IRLANDE : Réferendum
DUBLIN (AFP) — Partisans et opposants irlandais au traité de Lisbonne ont jeté leurs dernières forces dans la bataille mardi, le Premier ministre Brian Cowen prévenant qu'une victoire du "non" lors du référendum de jeudi donnerait un "coup d'arrêt" à la construction européenne.
"Les générations futures ne nous remercieront pas si nous sommes ceux qui donnons un coup d'arrêt à une Union européenne qui a été la plus grande force de paix et de prospérité de notre histoire et de l'histoire de l'Europe", a affirmé M. Cowen lors d'une conférence de presse au dernier jour de la campagne officielle, alors que les derniers sondages ont révélé une poussée des opposants au traité.
"Dans un environnement mondial toujours plus compétitif, il est impératif de ne pas donner l'impression que nous tournons le dos à l'Europe", a ajouté le chef du gouvernement, rappelant que la croissance économique dont a bénéficié l'Irlande depuis une décennie est largement due aux aides européennes.
La campagne référendaire se terminait officiellement mardi, avant le traditionnel "blackout" respecté par médias et partis politiques à la veille des scrutins en Irlande.
L'Irlande est le seul des 27 pays de l'UE à être tenu, par sa Constitution, à organiser un scrutin pour ratifier le traité européen. Les autres nations ont choisi une ratification parlementaire et 15 capitales sur 27 ont déjà ratifié le texte.

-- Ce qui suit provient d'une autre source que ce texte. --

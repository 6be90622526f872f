-- ===== src/Tracking/Table/Identity.antt =====
-- Ids are never issued twice in an epoch, and the table stays bounded (perception/tracking/table.py).
use unityworks_vision_ai_bac.Prelude.{
  ℕ, suc, ◌+◌, ◌≤◌, ◌<◌, ◌⊎◌, ◌≡◌, refl, ap, inl, inr, List, [], ◌∷◌, ◌++◌, Option, none, some,
  length, to_list, ltb→lt, arith, ltb, ok, raise, Bool-cases,
}
use unityworks_vision_ai_bac.Tracking.Record.{TrackId, TrackRecord}
use unityworks_vision_ai_bac.Tracking.Table.{
  TrackTable, create, remove, evict_weakest, reset, spawn, Detection, Box,
}
use unityworks_vision_ai_bac.Tracking.Table.Invariant.{
  IsValid, remove-IsValid, evict-IsValid, reset-IsValid,
}
use unityworks_vision_ai_bac.Tracking.Table.Spawn.{
  Keeps, remove-SameTable, evict-SameTable, create-Keeps, full-raises, Spawned, spawn-Spawned,
}

-- A call on the table by the tracker; a creation that a full table refuses changes nothing, and a reset
-- (`GeometricTracker.reset`) goes on to the next epoch.
pub data Op : Type 0 where
  create_op : (now : ℕ) → Op
  spawn_op : Detection → (now : ℕ) → Op
  remove_op : TrackId → Op
  evict_op reset_op : Op

-- The table after the call, and the record that the call created.
unfoldable pub perform : Op → TrackTable → TrackTable × Option TrackRecord
perform (create_op now) t = elim (create t now) [ ok (t', r) ↦ (t', some r) | raise e ↦ (t, none) ]
perform (spawn_op d now) t = spawn t d now
perform (remove_op i) t = ((remove t i).0, none)
perform evict_op t = ((evict_weakest t).0, none)
perform reset_op t = ((reset t (t.epoch + 1)).0, none)

-- The calls in order, and the records that they created.
unfoldable pub run : List Op → TrackTable → TrackTable × List TrackRecord
run [] t = (t, [])
run (o ∷ ops) t =
    let (t', made) = perform o t in let (t'', later) = run ops t' in (t'', to_list made ++ later)

-- The ids of the records rise from the local id `low` of the epoch on: a later one is of a later epoch, or of
-- the same with a higher local id.
abbrev pub Rising : (epoch low : ℕ) → List TrackRecord → Type 0
Rising epoch low [] = Unit
Rising epoch low (r ∷ rs) =
    ((epoch < r.track_id.tracker_epoch)
      ⊎ ((r.track_id.tracker_epoch ≡ epoch) × (low ≤ r.track_id.local_id)))
    × Rising r.track_id.tracker_epoch (suc r.track_id.local_id) rs

-- A call goes on in the epoch or to the next.
abbrev pub GoesOn : (t t' : TrackTable) → Type 0
GoesOn t t' = (t.epoch < t'.epoch) ⊎ ((t'.epoch ≡ t.epoch) × (t.next_local_id ≤ t'.next_local_id))

Rising-grow :
    (t t' : TrackTable) (rs : List TrackRecord)
    → GoesOn t t'
    → Rising t'.epoch t'.next_local_id rs
    → Rising t.epoch t.next_local_id rs
Rising-grow t t' [] g a = tt
Rising-grow t t' (r ∷ rs) g a = (ground arith, a.1)

Rising-cons :
    (t t' : TrackTable) (r : TrackRecord) (rs : List TrackRecord)
    → Keeps t (t', some r)
    → Rising t'.epoch t'.next_local_id rs
    → Rising t.epoch t.next_local_id (r ∷ rs)
Rising-cons t t' r [] k a = (inr (ap (λ i. i.tracker_epoch) k.2, ground arith), tt)
Rising-cons t t' r (q ∷ rs) k a =
    let e : r.track_id.tracker_epoch ≡ t.epoch = ap (λ i. i.tracker_epoch) k.2 in
    let l : r.track_id.local_id ≡ t.next_local_id = ap (λ i. i.local_id) k.2 in
    (inr (e, omega arith), (ground arith, a.1))

-- What a call leaves: a valid table that goes on, and a record of the next id where it created one.
abbrev Went : TrackTable → TrackTable × Option TrackRecord → Type 0
Went t (t', none) = IsValid t' × GoesOn t t'
Went t (t', some r) = Keeps t (t', some r)

Keeps-Went : (t : TrackTable) (out : TrackTable × Option TrackRecord) → Keeps t out → Went t out
Keeps-Went t (t', none) k = (k.0, ground arith)
Keeps-Went t (t', some r) k = k

reset-GoesOn : (t : TrackTable) → GoesOn t (reset t (t.epoch + 1)).0
unfolding reset
reset-GoesOn t = inl (omega arith)

Spawned-Went :
    (b : Option Box) (t : TrackTable) (out : TrackTable × Option TrackRecord)
    → IsValid t
    → Spawned b t out
    → Went t out
Spawned-Went none t out v same = rw same (v, inr (refl, omega arith))
Spawned-Went (some box) t out v (t', r, same, k) = rw same k

perform-Went : (o : Op) (t : TrackTable) → IsValid t → Went t (perform o t)
unfolding perform
perform-Went (create_op now) t v = elim (Bool-cases (ltb (length t.records) t.max_tracks)) [
  | inl space ↦ let (t', r, e, k) = create-Keeps t now v (ltb→lt _ _ space) in rw (e, perform) k
  | inr full ↦ rw (full-raises t now (ground arith), perform) (v, inr (refl, omega arith))
]
perform-Went (spawn_op d now) t v =
    Spawned-Went d.bbox t (spawn t d now) v (spawn-Spawned t d now v)
perform-Went (remove_op i) t v =
    Keeps-Went t ((remove t i).0, none)
      (remove-IsValid t i v, (remove-SameTable t i).0, (remove-SameTable t i).1)
perform-Went evict_op t v =
    Keeps-Went t ((evict_weakest t).0, none)
      (evict-IsValid t v, (evict-SameTable t).0, (evict-SameTable t).1)
perform-Went reset_op t v = (reset-IsValid t (t.epoch + 1) v, reset-GoesOn t)

-- From a valid table, any calls leave a valid one, resets among them that go on to the next epoch as the
-- tracker's do; and the ids of the tracks that they created rise from the next id on: within an epoch, no id
-- is issued twice.
pub run-IsValid :
    (ops : List Op) (t : TrackTable)
    → IsValid t
    → IsValid (run ops t).0 × Rising t.epoch t.next_local_id (run ops t).1
unfolding run
run-IsValid [] t v = (v, tt)
run-IsValid (o ∷ ops) t v =
    go (perform o t) (perform-Went o t v) (λ w. run-IsValid ops (perform o t).0 w)
  where
    go :
        (out : TrackTable × Option TrackRecord)
        → Went t out
        → (IsValid out.0
            → IsValid (run ops out.0).0 × Rising out.0.epoch out.0.next_local_id (run ops out.0).1)
        → IsValid (run ops out.0).0
          × Rising t.epoch t.next_local_id (to_list out.1 ++ (run ops out.0).1)
    go (t', none) w rec = ((rec w.0).0, Rising-grow t t' (run ops t').1 w.1 (rec w.0).1)
    go (t', some r) k rec = ((rec k.0).0, Rising-cons t t' r (run ops t').1 k (rec k.0).1)
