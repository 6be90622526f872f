-- ===== src/Tracking/Tests.antt =====
-- Runs of the track lifecycle, its records and its table, and the theorems at concrete inputs.
use unityworks_vision_ai_bac.Prelude.{
  ℕ, ◌≡◌, refl, true, List, [], ◌∷◌, some, All, In, arith, raise, Returns,
}
use unityworks_vision_ai_bac.Tracking.Lifecycle.{
  confirmed, coasting, lost, terminated, detector_miss, occlusion, is_legal, LifecyclePolicy,
  default_policy,
}
use unityworks_vision_ai_bac.Tracking.Lifecycle.Legality.{
  on_hit_call, take_call, take_call-is_legal, is_legal-taken, Call,
}
use unityworks_vision_ai_bac.Tracking.Record.{
  TrackRecord, TrackId, new_record, Frame, matched, unmatched, follow, apply_frame,
}
use unityworks_vision_ai_bac.Tracking.Record.Counters.{IsConsistent, follow-IsConsistent}
use unityworks_vision_ai_bac.Tracking.Record.Horizon.{follow-terminates}
use unityworks_vision_ai_bac.Tracking.Table
use unityworks_vision_ai_bac.Tracking.Table.{
  TrackTable, create, spawn, start, Detection, init, next_id, evict_weakest, pop_record,
}
use unityworks_vision_ai_bac.Tracking.Table.Invariant.{IsValid}
use unityworks_vision_ai_bac.Tracking.Table.Identity.{
  Op, create_op, spawn_op, remove_op, evict_op, reset_op, Rising, run, run-IsValid,
}
use unityworks_vision_ai_bac.Tracking.Table.Eviction.{GoesBefore, evict_weakest-least}

take_call-is_legal_example :
    Returns
      (take_call default_policy lost (on_hit_call 4 9))
      (λ t. (t.previous ≡ lost) × (is_legal lost t.current ≡ true))
take_call-is_legal_example =
    take_call-is_legal default_policy lost (on_hit_call 4 9) (unfold is_legal in refl)

is_legal-taken_example :
    (c : Call) × Returns (take_call default_policy coasting c) (λ t. t.current ≡ lost)
is_legal-taken_example = is_legal-taken coasting lost (unfold is_legal in refl)

abbrev track : TrackId
track = record { camera_id = "cam-12"; tracker_epoch = 0; local_id = 0 }

abbrev seen_then_gone : List Frame
seen_then_gone =
    matched 20 900
    ∷ matched 30 900
    ∷ unmatched 40 occlusion 10
    ∷ matched 50 700
    ∷ unmatched 60 detector_miss 10
    ∷ []

abbrev same_confidence : ℕ → ℕ
same_confidence n = n

follow_runs :
    Returns
      (follow same_confidence default_policy seen_then_gone (new_record track 10))
      (λ r. (r.state ≡ coasting) × (r.hit_count ≡ 4) × (r.age_frames ≡ 6))
unfolding follow apply_frame
follow_runs = (refl, refl, refl)

follow-IsConsistent_example :
    Returns
      (follow same_confidence default_policy seen_then_gone (new_record track 10))
      (IsConsistent default_policy)
follow-IsConsistent_example =
    follow-IsConsistent same_confidence default_policy seen_then_gone (new_record track 10)
      (omega arith) refl (omega arith)

abbrev gone : List Frame
gone =
    unmatched 20 detector_miss 10
    ∷ unmatched 30 detector_miss 10
    ∷ unmatched 40 detector_miss 10
    ∷ []

abbrev short_policy : LifecyclePolicy
short_policy = record default_policy { max_coast_frames = 1; max_lost_frames = 1 }

abbrev walking : TrackRecord
walking = record (new_record track 10) { state = confirmed; age_frames = 4; hit_count = 4 }

follow-terminates_example :
    Returns (follow same_confidence short_policy gone walking) (λ r. r.state ≡ terminated)
follow-terminates_example =
    follow-terminates same_confidence short_policy gone walking (tt, (tt, (tt, tt))) refl refl
      (omega arith)

abbrev full : TrackTable
full = record {
  camera_id = "cam-12";
  epoch = 0;
  max_tracks = 1;
  next_local_id = 1;
  records = walking ∷ [];
  retired = [];
}

full-IsValid : IsValid full
full-IsValid = record {
  positive = omega arith;
  bounded = omega arith;
  issued = ((refl, refl, omega arith), tt);
  ascending = (omega arith, tt);
  retired_issued = tt;
  retired_gone = tt;
}

abbrev boxed : Detection
boxed = record { bbox = some (record { x1 = 10; y1 = 10; x2 = 20; y2 = 20 }) }

-- A confirmed track makes room for a new one.
spawn_evicts : (spawn full boxed 50).1 ≡ some (new_record (next_id full) 50)
unfolding spawn start create evict_weakest
spawn_evicts = refl

abbrev calls : List Op
calls =
    spawn_op boxed 50
    ∷ create_op 60
    ∷ remove_op (next_id full)
    ∷ evict_op
    ∷ reset_op
    ∷ create_op 70
    ∷ []

run-IsValid_example : IsValid (run calls full).0 × Rising 0 1 (run calls full).1
run-IsValid_example = run-IsValid calls full full-IsValid

evict_weakest-least_example :
    (victim : TrackRecord) × ((evict_weakest full).1 ≡ some victim)
    × In victim full.records
    × All (GoesBefore victim) full.records
    × ((evict_weakest full).0.records ≡ pop_record victim.track_id full.records)
evict_weakest-least_example = evict_weakest-least full full-IsValid (omega arith)

init_refuses : init "cam-12" 0 0 32 ≡ raise Table.value_error
unfolding init
init_refuses = refl
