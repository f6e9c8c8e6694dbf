-- ===== src/Command/Include/Bounds.antt =====
-- The expansion of includes counts the bytes of the files that it includes.
use famepy.Prelude.{
  ℕ, suc, zero, ◌+◌, ◌≤◌, ◌≡◌, subst, Bytes, Bool, true, false, not, ◌&&◌, ◌||◌, Option, none, some,
  List, [], ◌∷◌, ◌++◌, contains_byte, ltb, arith, Bool-cases, inl, inr, if◌then◌else◌,
}
use famepy.Errors.{Result, ok, err, include_error}
use famepy.Command.Include.{
  Files, Nested, input_of, unquoted, include_name, in_stack, line_feeds, drop_last_feed, read_file,
  include_file, replace, statements, expand_statement, expand_all, expand_command, expand,
}

-- the size of what a command includes, below one more file; `none` where the depth is used up
abbrev pub Sizing : Type 0
Sizing = Option (Bytes → ℕ)

module _ (files : Files) where
  -- the size of what the content of a file includes
  abbrev pub content_size : (Bytes → ℕ) → Option Bytes → ℕ
  content_size below none = 0
  content_size below (some content) = below (drop_last_feed (line_feeds false content))

  -- the size of a file, and of what it includes
  abbrev pub file_size : (Bytes → ℕ) → Option (Bool × ℕ) → Option Bytes → ℕ
  file_size below none content = 0
  file_size below (some p) content = p.1 + content_size below content

  abbrev pub resolved_size : Sizing → Option ℕ → ℕ
  resolved_size (some below) (some f) = file_size below (files.inspect f) (files.read f)
  resolved_size below f = 0

  abbrev pub named_size : Sizing → Result Bytes → ℕ
  named_size below (ok name) = resolved_size below (files.resolve name)
  named_size below (err e) = 0

  -- what a statement includes: the file that it names, if it is an INPUT
  abbrev pub input_size : Sizing → Option (Bool × Bytes) → ℕ
  input_size below none = 0
  input_size below (some p) = named_size below (include_name p.1)

  abbrev pub sizes : Sizing → List (Bytes × ℕ) → Bytes → ℕ
  sizes below [] last = input_size below (input_of last)
  sizes below (s ∷ found) last = input_size below (input_of s.0) + sizes below found last

  abbrev pub command_size : Sizing → Bytes → ℕ
  command_size below command =
      sizes below (statements [] none command).0 (statements [] none command).1

-- The sizes of all files that a command includes, directly or through a file down to a depth, each
-- counted as often as it is included.
unfoldable pub included_size : Files → ℕ → Bytes → ℕ
included_size files zero command = command_size files none command
included_size files (suc depth) command =
    command_size files (some (included_size files depth)) command

-- The count of a result, where there is one, is larger than before by the size, and within the
-- bound.
abbrev pub Counts : ℕ → ℕ → ℕ → Result (Bytes × ℕ) → Type 0
Counts m t size (ok p) = (p.1 ≡ t + size) × (p.1 ≤ m)
Counts m t size (err e) = Unit

abbrev NestedCounts : ℕ → Nested → Sizing → Type 0
NestedCounts m none h = Unit
NestedCounts m (some f) none = ⊥
NestedCounts m (some f) (some h) =
    (stack : List ℕ) (body : Bytes) (t : ℕ) → t ≤ m → Counts m t (h body) (f stack body t)

Counts-later : (m t a b : ℕ) (r : Result (Bytes × ℕ)) → Counts m (t + a) b r → Counts m t (a + b) r
Counts-later m t a b (ok p) (e, h) = (omega arith, h)
Counts-later m t a b (err e) h = tt

module _ (files : Files) (m : ℕ) (f : List ℕ → Bytes → ℕ → Result (Bytes × ℕ)) (h : Bytes → ℕ)
    (k : NestedCounts m (some f) (some h)) (stack : List ℕ) (g : ℕ) where
  read_file-Counts :
      (t : ℕ)
      → t ≤ m
      → Counts m t (content_size files h (files.read g)) (read_file files m f stack g t)
  unfolding read_file
  read_file-Counts t w = go (files.read g)
    where
      last :
          (c : ℕ) (r : Result (Bytes × ℕ))
          → Counts m t c r
          → Counts m t c
              (elim r [ err e ↦ err e | ok (body, total') ↦ ok ((10 ∷ body) ++ (10 ∷ []), total') ])
      last c (ok (b, n)) w = w
      last c (err e) w = tt

      pick :
          (c : Bytes) (b : Bool)
          → Counts m t (h (drop_last_feed (line_feeds false c))) (
              if b
              then err include_error
              else elim (f (g ∷ stack) (drop_last_feed (line_feeds false c)) t) [
                | err e ↦ err e
                | ok (body, total') ↦ ok ((10 ∷ body) ++ (10 ∷ []), total')
              ])
      pick c true = tt
      pick c false = last _ (f (g ∷ stack) (drop_last_feed (line_feeds false c)) t) (k _ _ t w)

      go :
          (o : Option Bytes)
          → Counts m t (content_size files h o) (elim o [
            | none ↦ err include_error
            | some content ↦
                if contains_byte 0 content
                then err include_error
                else elim (f (g ∷ stack) (drop_last_feed (line_feeds false content)) t) [
                  | err e ↦ err e
                  | ok (body, total') ↦ ok ((10 ∷ body) ++ (10 ∷ []), total')
                ]
          ])
      go none = tt
      go (some c) = pick c (contains_byte 0 c)

  checked-Counts :
      (t : ℕ) (regular : Bool) (size : ℕ)
      → Counts m t (size + content_size files h (files.read g)) (
          if not regular || ltb m size || ltb m (t + size)
          then err include_error
          else read_file files m f stack g (t + size))
  checked-Counts t regular size =
      elim (Bool-cases (not regular || ltb m size || ltb m (t + size))) [
        | inl yes' ↦ rw yes' tt
        | inr no' ↦ rw no' (
            Counts-later m t size (content_size files h (files.read g)) _
              (read_file-Counts (t + size) (ground arith)))
      ]

  include_file-Counts :
      (t : ℕ)
      → Counts m t
          (file_size files h (files.inspect g) (files.read g))
          (include_file files m (some f) stack g t)
  unfolding include_file
  include_file-Counts t = pick (in_stack g stack)
    where
      inspect :
          (o : Option (Bool × ℕ))
          → Counts m t (file_size files h o (files.read g)) (elim o [
            | none ↦ err include_error
            | some (regular, size) ↦
                if not regular || ltb m size || ltb m (t + size)
                then err include_error
                else read_file files m f stack g (t + size)
          ])
      inspect none = tt
      inspect (some (regular, size)) = checked-Counts t regular size

      pick :
          (b : Bool)
          → Counts m t (file_size files h (files.inspect g) (files.read g)) (
              if b then err include_error else elim (files.inspect g) [
                | none ↦ err include_error
                | some (regular, size) ↦
                    if not regular || ltb m size || ltb m (t + size)
                    then err include_error
                    else read_file files m f stack g (t + size)
              ])
      pick true = tt
      pick false = inspect (files.inspect g)

module _ (files : Files) (m : ℕ) (n : Nested) (h : Sizing) (k : NestedCounts m n h) (stack : List ℕ)
    (t : ℕ) where
  found-Counts :
      (g : ℕ) → Counts m t (resolved_size files h (some g)) (include_file files m n stack g t)
  found-Counts g = go n h k
    where
      go :
          (n' : Nested) (h' : Sizing)
          → NestedCounts m n' h'
          → Counts m t (resolved_size files h' (some g)) (include_file files m n' stack g t)
      go none h' q = unfold include_file in tt
      go (some f) none q = absurd q
      go (some f) (some h') q = include_file-Counts files m f h' q stack g t

  replace-Counts :
      (has_file : Bool) (value : Bytes)
      → Counts m t
          (named_size files h (include_name value))
          (replace files m n stack has_file value t)
  unfolding replace
  replace-Counts has_file value =
      pick (has_file && elim (unquoted value) [ none ↦ true | some _ ↦ false ])
    where
      resolved :
          (o : Option ℕ)
          → Counts m t
              (resolved_size files h o)
              (elim o [ none ↦ err include_error | some f ↦ include_file files m n stack f t ])
      resolved none = tt
      resolved (some f) = found-Counts f

      named :
          (r : Result Bytes)
          → Counts m t (named_size files h r) (elim r [
            | err e ↦ err e
            | ok name ↦ elim (files.resolve name) [
              | none ↦ err include_error
              | some f ↦ include_file files m n stack f t
            ]
          ])
      named (err e) = tt
      named (ok name) = resolved (files.resolve name)

      pick :
          (b : Bool)
          → Counts m t (named_size files h (include_name value)) (
              if b then err include_error else elim (include_name value) [
                | err e ↦ err e
                | ok name ↦ elim (files.resolve name) [
                  | none ↦ err include_error
                  | some f ↦ include_file files m n stack f t
                ]
              ])
      pick true = tt
      pick false = named (include_name value)

  expand_statement-Counts :
      (s : Bytes)
      → t ≤ m
      → Counts m t (input_size files h (input_of s)) (expand_statement files m n stack s t)
  unfolding expand_statement
  expand_statement-Counts s w = go (input_of s)
    where
      go :
          (o : Option (Bool × Bytes))
          → Counts m t (input_size files h o) (elim o [
            | none ↦ ok (s, t)
            | some (has_file, value) ↦ replace files m n stack has_file value t
          ])
      go none = (omega arith, w)
      go (some (b, v)) = replace-Counts b v

module _ (files : Files) (m : ℕ) (h : Sizing) (f : Bytes → ℕ → Result (Bytes × ℕ))
    (k : (s : Bytes) (t : ℕ) → t ≤ m → Counts m t (input_size files h (input_of s)) (f s t)) where
  rest-Counts :
      (t c : ℕ) (body : Bytes) (d : ℕ) (r : Result (Bytes × ℕ))
      → Counts m t c r
      → Counts m t c
          (elim r [ err e ↦ err e | ok (others, total'') ↦ ok (body ++ (d ∷ others), total'') ])
  rest-Counts t c body d (ok p) h = h
  rest-Counts t c body d (err e) h = tt

  expand_all-Counts :
      (found : List (Bytes × ℕ)) (last : Bytes) (t : ℕ)
      → t ≤ m
      → Counts m t (sizes files h found last) (expand_all f found last t)
  unfolding expand_all
  expand_all-Counts [] last t w = k last t w
  expand_all-Counts ((s, d) ∷ found) last t w =
      first (f s t) (k s t w) (λ n q. expand_all-Counts found last n q)
    where
      first :
          (r : Result (Bytes × ℕ))
          → Counts m t (input_size files h (input_of s)) r
          → ((n : ℕ) → n ≤ m → Counts m n (sizes files h found last) (expand_all f found last n))
          → Counts m t (input_size files h (input_of s) + sizes files h found last) (elim r [
            | err e ↦ err e
            | ok (body, total') ↦ elim (expand_all f found last total') [
              | err e ↦ err e
              | ok (others, total'') ↦ ok (body ++ (d ∷ others), total'')
            ]
          ])
      first (err e) w g = tt
      first (ok (body, n)) (e, w) g = Counts-later m t _ (sizes files h found last) _ (
          rest-Counts (t + input_size files h (input_of s)) (sizes files h found last) body d
            (expand_all f found last n)
            (subst (λ x. Counts m x (sizes files h found last) (expand_all f found last n)) e
              (g n w)))

-- Where the count so far is within the size that is allowed, an expansion that succeeds makes the
-- count larger by the sizes of the files that the command includes, directly or through a file, each
-- counted as often as it is included; and the count is within the size that is allowed.
pub expand-Counts :
    (files : Files) (m depth : ℕ) (stack : List ℕ) (command : Bytes) (t : ℕ)
    → t ≤ m
    → Counts m t (included_size files depth command) (expand files m depth stack command t)
unfolding expand expand_command included_size
expand-Counts files m zero stack command t h =
    expand_all-Counts files m none _
      (λ s n q. expand_statement-Counts files m none none tt stack n s q) _ _ t h
expand-Counts files m (suc depth) stack command t h =
    expand_all-Counts files m (some (included_size files depth)) _
      (λ s n q.
        expand_statement-Counts files m (some (expand files m depth))
          (some (included_size files depth)) (λ st b u p. expand-Counts files m depth st b u p)
          stack n s q)
      _ _ t h
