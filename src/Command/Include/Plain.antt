-- ===== src/Command/Include/Plain.antt =====
-- A command is split into its statements without loss, and one without INPUT stays as it is.
use famepy.Prelude.{
  ℕ, suc, zero, ◌≡◌, sym, ap, ◌∙◌, Bytes, Bool, true, false, Option, none, some, List, [], ◌∷◌,
  ◌++◌, All, reverse-step, if◌then◌else◌,
}
use mathlib.Core.List.{reverse, append-nil}
use famepy.Errors.{Result, ok, err}
use famepy.Command.Include.{
  Files, Nested, input_of, replace, expand_statement, statements, join, next_quote, is_quote,
  is_delimiter, expand_all, expand_command, expand, expand_input,
}

-- The statements of a command, joined with their delimiters, are the command: with what was read
-- of the current statement before it.
pub join-statements :
    (current : Bytes) (quote : Option ℕ) (bs : Bytes)
    → join (statements current quote bs).0 (statements current quote bs).1 ≡ reverse current ++ bs
unfolding statements join
join-statements current quote [] = sym (append-nil (reverse current))
join-statements current quote (b ∷ bs) =
    pick (is_delimiter b quote) (join-statements [] q bs) (join-statements (b ∷ current) q bs)
  where
    q : Option ℕ
    q = if is_quote b then next_quote b quote else quote

    pick :
        (ends : Bool)
        → join (statements [] q bs).0 (statements [] q bs).1 ≡ bs
        → join (statements (b ∷ current) q bs).0 (statements (b ∷ current) q bs).1
          ≡ reverse (b ∷ current) ++ bs
        → (let rest = statements (if ends then [] else b ∷ current) q bs in
            let p : List (Bytes × ℕ) × Bytes =
              if ends then ((reverse current, b) ∷ rest.0, rest.1) else rest in
            join p.0 p.1 ≡ reverse current ++ (b ∷ bs))
    pick true h k = ap (λ x. reverse current ++ (b ∷ x)) h
    pick false h k = k ∙ reverse-step b current bs

-- no statement is an INPUT
abbrev pub NoInput : List (Bytes × ℕ) × Bytes → Type 0
NoInput p = All (λ s. input_of s.0 ≡ none) p.0 × (input_of p.1 ≡ none)

module _ (files : Files) (m : ℕ) (n : Nested) (stack : List ℕ) where
  expand_statement-plain :
      (s : Bytes) (t : ℕ) → input_of s ≡ none → expand_statement files m n stack s t ≡ ok (s, t)
  unfolding expand_statement
  expand_statement-plain s t h =
      ap
        (λ (o : Option (Bool × Bytes)). elim o [
          | none ↦ ok (s, t)
          | some (has_file, value) ↦ replace files m n stack has_file value t
        ])
        h

  expand_all-plain :
      (found : List (Bytes × ℕ)) (last : Bytes) (t : ℕ)
      → NoInput (found, last)
      → expand_all (expand_statement files m n stack) found last t ≡ ok (join found last, t)
  unfolding expand_all join
  expand_all-plain [] last t h = expand_statement-plain last t h.1
  expand_all-plain ((s, d) ∷ found) last t h =
      ap
        (λ (r : Result (Bytes × ℕ)). elim r [
          | err e ↦ err e
          | ok (body, total') ↦ elim (expand_all f found last total') [
            | err e ↦ err e
            | ok (others, total'') ↦ ok (body ++ (d ∷ others), total'')
          ]
        ])
        (expand_statement-plain s t h.0.0)
      ∙ ap
          (λ (r : Result (Bytes × ℕ)). elim r [
            | err e ↦ err e
            | ok (others, total'') ↦ ok (s ++ (d ∷ others), total'')
          ])
          (expand_all-plain found last t (h.0.1, h.1))
    where
      f : Bytes → ℕ → Result (Bytes × ℕ)
      f = expand_statement files m n stack

  expand_command-plain :
      (command : Bytes) (t : ℕ)
      → NoInput (statements [] none command)
      → expand_command (expand_statement files m n stack) command t ≡ ok (command, t)
  unfolding expand_command
  expand_command-plain command t h =
      expand_all-plain (statements [] none command).0 (statements [] none command).1 t h
      ∙ ap (λ x. ok (x, t)) (join-statements [] none command)

expand-plain :
    (files : Files) (m depth : ℕ) (stack : List ℕ) (command : Bytes) (t : ℕ)
    → NoInput (statements [] none command)
    → expand files m depth stack command t ≡ ok (command, t)
unfolding expand
expand-plain files m zero stack command t h = expand_command-plain files m none stack command t h
expand-plain files m (suc depth) stack command t h =
    expand_command-plain files m (some (expand files m depth)) stack command t h

-- A command none of whose statements is an INPUT comes out of the expansion as it went in, at any
-- depth and any size allowed, and whatever the files are.
pub expand_input-plain :
    (files : Files) (depth m : ℕ) (command : Bytes)
    → NoInput (statements [] none command)
    → expand_input files depth m command ≡ ok command
unfolding expand_input
expand_input-plain files depth m command h =
    ap (λ (r : Result (Bytes × ℕ)). elim r [ err e ↦ err e | ok (text, total) ↦ ok text ])
      (expand-plain files m depth [] command 0 h)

Un sondage publié vendredi avait provoqué un vent de panique en Irlande et dans le reste de l'Union européenne, en donnant pour la première fois le "non" en tête (35% contre 30% au "oui"). Un ultime sondage publié dimanche donnait une courte avance au "oui", mais le grand nombre d'indécis (un Irlandais sur cinq) et la volatilité de l'électorat rendent tout pronostic hasardeux.
Faisant allusion à la campagne de peur menée selon lui par le camp du non, M. Cowen a réaffirmé mardi qu'un rejet du traité de Lisbonne affaiblirait l'influence de l'Irlande en Europe "à cause d'arguments peu clairs, défensifs et négatifs".
Signe d'une nervosité croissante du gouvernement irlandais, alors que ses 26 partenaires européens croisent les doigts de plus en plus fort à l'approche du référendum, les trois principaux partis politiques irlandais s'étaient assis autour de la même table lundi pour plaider ensemble en faveur du oui.
De leur côté, les "nonistes" irlandais ont eux aussi donné une dernière fois de la voix mardi contre ce traité qu'ils jugent dangereux et dont ils exigent la renégociation.
"Je pense vraiment que ce traité peut être amélioré", a expliqué lors d'un point de presse Declan Ganley, l'homme d'affaires multimillionaire devenu le véritable porte-flambeau des partisans du "non", au côté du petit parti Sinn Fein (4 députés sur 166).
M. Ganley a expliqué avoir acheté un billet d'avion Dublin-Bruxelles à M. Cowen pour lui permettre d'aller à Bruxelles dès vendredi afin de renégocier le traité de Lisbonne, en cas de victoire du non.
"Nous avons le même débat que les Français et les Néerlandais", qui avaient rejeté le projet de Constitution lors de référendums en 2005, selon lui.
"Ce traité est la Constitution européenne avec une nouvelle couverture, pourquoi devrions-nous dire oui à un texte que des dizaines de millions de personnes ont déjà rejeté", a-t-il demandé.
La montée en puissance des nonistes fait craindre aux dirigeants européens une réédition en 2008 du choc de 2001, lorsque les Irlandais avaient rejeté le traité de Nice lors d'un référendum. Ils avaient finalement approuvé le texte, dûment amendé pour répondre à leurs craintes, un an plus tard.